→ WORK ORDER
In the listing that follows, the range to quote begins at the line that has "-- The body" and ends after the line that has "reaches s.offset s.byte_limit_at"; quote it verbatim and add nothing.

⟨

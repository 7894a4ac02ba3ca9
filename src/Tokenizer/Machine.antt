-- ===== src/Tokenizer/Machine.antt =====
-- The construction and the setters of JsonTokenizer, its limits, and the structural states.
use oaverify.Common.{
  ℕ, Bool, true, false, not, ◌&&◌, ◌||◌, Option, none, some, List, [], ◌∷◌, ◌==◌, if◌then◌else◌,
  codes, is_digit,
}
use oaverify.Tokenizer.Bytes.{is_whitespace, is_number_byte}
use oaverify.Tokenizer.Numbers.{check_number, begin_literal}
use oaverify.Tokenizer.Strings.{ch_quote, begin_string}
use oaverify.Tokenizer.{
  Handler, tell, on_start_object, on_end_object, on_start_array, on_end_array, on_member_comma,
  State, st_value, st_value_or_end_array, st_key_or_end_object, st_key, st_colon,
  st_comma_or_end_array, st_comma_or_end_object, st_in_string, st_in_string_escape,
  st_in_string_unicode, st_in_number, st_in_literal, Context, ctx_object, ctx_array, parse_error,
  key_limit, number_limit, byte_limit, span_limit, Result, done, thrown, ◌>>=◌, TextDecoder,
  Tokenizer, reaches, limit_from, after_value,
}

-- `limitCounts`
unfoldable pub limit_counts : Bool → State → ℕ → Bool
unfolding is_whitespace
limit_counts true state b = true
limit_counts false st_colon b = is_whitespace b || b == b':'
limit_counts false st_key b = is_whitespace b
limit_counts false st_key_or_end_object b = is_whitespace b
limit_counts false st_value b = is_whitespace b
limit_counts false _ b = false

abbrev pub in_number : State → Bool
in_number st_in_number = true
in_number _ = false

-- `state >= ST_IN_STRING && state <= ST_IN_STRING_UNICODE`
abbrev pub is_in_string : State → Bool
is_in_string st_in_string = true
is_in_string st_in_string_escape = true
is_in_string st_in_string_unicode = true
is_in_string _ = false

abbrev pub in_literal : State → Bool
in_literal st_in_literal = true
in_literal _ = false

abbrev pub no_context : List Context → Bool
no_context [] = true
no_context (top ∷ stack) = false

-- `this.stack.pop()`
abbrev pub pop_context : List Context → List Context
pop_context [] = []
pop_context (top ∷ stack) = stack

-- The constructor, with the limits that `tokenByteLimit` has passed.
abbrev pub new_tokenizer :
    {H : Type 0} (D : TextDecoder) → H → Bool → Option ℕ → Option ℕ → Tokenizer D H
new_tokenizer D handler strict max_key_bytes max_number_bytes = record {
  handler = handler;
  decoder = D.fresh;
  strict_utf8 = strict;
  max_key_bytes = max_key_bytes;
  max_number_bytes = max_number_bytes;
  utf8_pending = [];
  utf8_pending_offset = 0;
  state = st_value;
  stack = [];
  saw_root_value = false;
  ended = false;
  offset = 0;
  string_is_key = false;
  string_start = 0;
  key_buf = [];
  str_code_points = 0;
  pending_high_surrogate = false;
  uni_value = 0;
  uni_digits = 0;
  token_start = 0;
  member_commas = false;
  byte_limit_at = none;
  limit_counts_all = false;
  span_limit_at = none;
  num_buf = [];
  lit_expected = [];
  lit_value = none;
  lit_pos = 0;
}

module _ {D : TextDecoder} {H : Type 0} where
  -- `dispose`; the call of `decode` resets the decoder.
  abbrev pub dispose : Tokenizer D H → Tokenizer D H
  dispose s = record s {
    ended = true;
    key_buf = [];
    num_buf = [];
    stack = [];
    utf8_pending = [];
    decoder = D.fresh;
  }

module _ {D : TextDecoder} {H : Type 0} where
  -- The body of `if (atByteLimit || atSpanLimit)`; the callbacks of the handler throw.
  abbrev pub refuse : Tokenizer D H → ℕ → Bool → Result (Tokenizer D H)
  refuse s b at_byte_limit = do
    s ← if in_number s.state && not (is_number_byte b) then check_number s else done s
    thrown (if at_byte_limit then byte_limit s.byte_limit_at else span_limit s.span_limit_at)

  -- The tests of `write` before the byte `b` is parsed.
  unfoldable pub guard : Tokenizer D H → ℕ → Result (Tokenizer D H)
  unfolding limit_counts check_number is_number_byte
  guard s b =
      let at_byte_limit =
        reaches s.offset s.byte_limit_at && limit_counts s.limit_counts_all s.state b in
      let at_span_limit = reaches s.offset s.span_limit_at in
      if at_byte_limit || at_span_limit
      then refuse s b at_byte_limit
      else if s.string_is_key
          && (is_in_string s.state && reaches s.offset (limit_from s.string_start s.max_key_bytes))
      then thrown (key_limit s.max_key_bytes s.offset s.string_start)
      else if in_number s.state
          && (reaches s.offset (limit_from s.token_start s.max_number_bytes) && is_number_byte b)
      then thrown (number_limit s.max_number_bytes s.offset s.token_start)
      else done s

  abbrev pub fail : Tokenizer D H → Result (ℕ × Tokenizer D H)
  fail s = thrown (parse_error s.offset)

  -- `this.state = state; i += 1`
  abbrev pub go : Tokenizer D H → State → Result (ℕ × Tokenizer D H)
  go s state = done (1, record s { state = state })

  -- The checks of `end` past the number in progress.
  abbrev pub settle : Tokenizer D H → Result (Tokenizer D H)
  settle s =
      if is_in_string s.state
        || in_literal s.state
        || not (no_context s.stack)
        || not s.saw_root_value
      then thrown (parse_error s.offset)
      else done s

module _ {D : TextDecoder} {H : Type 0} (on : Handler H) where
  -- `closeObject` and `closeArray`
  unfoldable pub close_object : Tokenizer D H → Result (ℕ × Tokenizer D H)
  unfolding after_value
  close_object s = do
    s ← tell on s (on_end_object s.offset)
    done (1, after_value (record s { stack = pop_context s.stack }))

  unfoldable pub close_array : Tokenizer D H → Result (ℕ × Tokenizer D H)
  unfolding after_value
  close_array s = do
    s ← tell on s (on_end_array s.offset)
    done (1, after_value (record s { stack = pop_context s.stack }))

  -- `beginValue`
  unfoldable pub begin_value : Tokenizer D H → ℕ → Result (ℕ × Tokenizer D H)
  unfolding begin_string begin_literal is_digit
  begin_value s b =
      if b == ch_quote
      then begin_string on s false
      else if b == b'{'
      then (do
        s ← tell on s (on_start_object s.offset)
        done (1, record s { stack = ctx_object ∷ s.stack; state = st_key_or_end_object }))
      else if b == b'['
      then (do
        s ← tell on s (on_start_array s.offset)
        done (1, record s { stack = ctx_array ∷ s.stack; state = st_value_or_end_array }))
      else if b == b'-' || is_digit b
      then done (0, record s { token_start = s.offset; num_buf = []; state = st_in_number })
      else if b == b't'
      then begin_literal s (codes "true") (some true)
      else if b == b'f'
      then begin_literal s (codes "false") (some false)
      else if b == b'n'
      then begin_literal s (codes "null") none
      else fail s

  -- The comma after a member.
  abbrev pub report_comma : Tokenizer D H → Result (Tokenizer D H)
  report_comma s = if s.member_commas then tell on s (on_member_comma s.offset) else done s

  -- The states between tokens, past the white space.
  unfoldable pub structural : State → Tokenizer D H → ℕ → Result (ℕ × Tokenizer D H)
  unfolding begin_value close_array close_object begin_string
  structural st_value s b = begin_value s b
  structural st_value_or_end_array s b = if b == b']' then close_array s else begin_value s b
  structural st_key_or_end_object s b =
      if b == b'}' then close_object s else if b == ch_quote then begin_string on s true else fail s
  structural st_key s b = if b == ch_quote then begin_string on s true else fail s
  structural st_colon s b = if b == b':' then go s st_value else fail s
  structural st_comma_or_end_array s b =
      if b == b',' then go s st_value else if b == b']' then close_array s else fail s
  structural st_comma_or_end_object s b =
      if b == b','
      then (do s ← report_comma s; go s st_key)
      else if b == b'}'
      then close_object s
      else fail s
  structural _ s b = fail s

⟩
⟨

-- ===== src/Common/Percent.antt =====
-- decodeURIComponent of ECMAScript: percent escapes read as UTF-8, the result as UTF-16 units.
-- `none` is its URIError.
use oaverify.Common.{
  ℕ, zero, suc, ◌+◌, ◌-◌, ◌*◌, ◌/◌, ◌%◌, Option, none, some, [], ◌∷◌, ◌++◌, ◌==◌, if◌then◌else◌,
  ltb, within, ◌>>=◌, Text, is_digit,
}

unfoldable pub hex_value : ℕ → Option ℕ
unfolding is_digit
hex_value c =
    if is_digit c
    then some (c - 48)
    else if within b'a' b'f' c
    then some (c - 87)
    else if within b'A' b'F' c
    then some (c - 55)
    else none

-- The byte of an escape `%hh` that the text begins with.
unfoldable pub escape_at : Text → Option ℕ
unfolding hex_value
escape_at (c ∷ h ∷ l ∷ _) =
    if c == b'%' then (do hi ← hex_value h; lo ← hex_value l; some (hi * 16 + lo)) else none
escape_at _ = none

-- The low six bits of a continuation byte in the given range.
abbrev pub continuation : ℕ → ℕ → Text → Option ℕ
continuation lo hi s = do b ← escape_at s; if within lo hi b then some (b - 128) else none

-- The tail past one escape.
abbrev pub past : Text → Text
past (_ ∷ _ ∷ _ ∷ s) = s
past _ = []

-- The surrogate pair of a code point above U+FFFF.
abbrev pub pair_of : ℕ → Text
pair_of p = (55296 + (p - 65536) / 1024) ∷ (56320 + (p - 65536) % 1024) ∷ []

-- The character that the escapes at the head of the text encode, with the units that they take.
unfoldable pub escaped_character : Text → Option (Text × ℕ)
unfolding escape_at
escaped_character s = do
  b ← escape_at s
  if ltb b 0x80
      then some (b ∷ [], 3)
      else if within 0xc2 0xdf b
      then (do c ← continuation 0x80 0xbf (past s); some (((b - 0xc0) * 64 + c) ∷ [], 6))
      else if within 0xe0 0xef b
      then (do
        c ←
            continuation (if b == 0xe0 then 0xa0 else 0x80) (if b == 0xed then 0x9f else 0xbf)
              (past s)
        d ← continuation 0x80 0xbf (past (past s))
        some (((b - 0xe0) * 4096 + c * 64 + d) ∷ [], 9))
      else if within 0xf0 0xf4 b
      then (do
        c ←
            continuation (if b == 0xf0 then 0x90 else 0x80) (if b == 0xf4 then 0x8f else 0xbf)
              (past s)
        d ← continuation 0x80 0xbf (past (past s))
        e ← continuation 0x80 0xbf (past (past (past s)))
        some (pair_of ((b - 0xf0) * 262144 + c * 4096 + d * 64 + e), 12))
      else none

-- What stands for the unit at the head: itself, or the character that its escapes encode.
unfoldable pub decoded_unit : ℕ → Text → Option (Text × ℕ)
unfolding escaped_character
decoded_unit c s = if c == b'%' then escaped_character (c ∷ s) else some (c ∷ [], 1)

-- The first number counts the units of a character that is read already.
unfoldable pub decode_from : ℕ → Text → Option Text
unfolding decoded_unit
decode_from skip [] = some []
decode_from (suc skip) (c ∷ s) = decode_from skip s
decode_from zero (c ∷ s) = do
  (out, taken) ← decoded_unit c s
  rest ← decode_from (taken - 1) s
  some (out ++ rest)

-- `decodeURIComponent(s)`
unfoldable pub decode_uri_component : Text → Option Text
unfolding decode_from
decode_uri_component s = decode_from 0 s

⟩
⟨

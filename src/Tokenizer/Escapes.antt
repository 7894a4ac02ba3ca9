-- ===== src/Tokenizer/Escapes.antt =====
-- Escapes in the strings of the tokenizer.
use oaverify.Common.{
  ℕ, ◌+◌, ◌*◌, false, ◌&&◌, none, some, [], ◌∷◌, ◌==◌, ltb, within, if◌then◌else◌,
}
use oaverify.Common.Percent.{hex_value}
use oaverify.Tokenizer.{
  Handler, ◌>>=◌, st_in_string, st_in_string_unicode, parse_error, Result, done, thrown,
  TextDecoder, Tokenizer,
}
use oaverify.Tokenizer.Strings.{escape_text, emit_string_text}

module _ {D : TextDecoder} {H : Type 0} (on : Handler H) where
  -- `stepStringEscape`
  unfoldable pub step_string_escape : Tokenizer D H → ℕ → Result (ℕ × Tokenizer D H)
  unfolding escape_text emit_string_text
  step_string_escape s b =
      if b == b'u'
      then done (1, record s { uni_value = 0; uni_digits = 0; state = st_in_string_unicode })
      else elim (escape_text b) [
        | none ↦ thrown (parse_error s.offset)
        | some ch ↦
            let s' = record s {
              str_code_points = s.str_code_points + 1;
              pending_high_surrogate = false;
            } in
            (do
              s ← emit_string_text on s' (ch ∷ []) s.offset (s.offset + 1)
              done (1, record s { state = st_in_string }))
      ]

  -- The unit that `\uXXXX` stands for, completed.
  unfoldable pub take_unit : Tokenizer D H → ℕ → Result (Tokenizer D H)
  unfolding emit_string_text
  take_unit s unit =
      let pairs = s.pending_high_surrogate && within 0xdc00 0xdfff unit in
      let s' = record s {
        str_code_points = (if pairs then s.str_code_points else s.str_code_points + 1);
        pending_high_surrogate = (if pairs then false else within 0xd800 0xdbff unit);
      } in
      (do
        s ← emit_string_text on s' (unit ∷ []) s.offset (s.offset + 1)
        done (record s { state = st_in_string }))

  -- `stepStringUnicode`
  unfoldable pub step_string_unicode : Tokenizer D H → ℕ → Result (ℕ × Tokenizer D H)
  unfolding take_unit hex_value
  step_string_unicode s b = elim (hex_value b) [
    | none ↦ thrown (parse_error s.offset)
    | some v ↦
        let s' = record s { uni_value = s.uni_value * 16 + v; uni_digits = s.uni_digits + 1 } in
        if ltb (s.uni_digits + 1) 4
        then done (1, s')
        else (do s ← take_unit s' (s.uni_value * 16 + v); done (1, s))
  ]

⟩

→ EXERCISE OUTPUT
  -- The body of `if (atByteLimit || atSpanLimit)`; the callbacks of the handler throw.
  abbrev pub refuse : Tokenizer D H → ℕ → Bool → Result (Tokenizer D H)
  refuse s b at_byte_limit = do
    s ← if in_number s.state && not (is_number_byte b) then check_number s else done s
    thrown (if at_byte_limit then byte_limit s.byte_limit_at else span_limit s.span_limit_at)

  -- The tests of `write` before the byte `b` is parsed.
  unfoldable pub guard : Tokenizer D H → ℕ → Result (Tokenizer D H)
  unfolding limit_counts check_number is_number_byte
  guard s b =
      let at_byte_limit =
        reaches s.offset s.byte_limit_at && limit_counts s.limit_counts_all s.state b in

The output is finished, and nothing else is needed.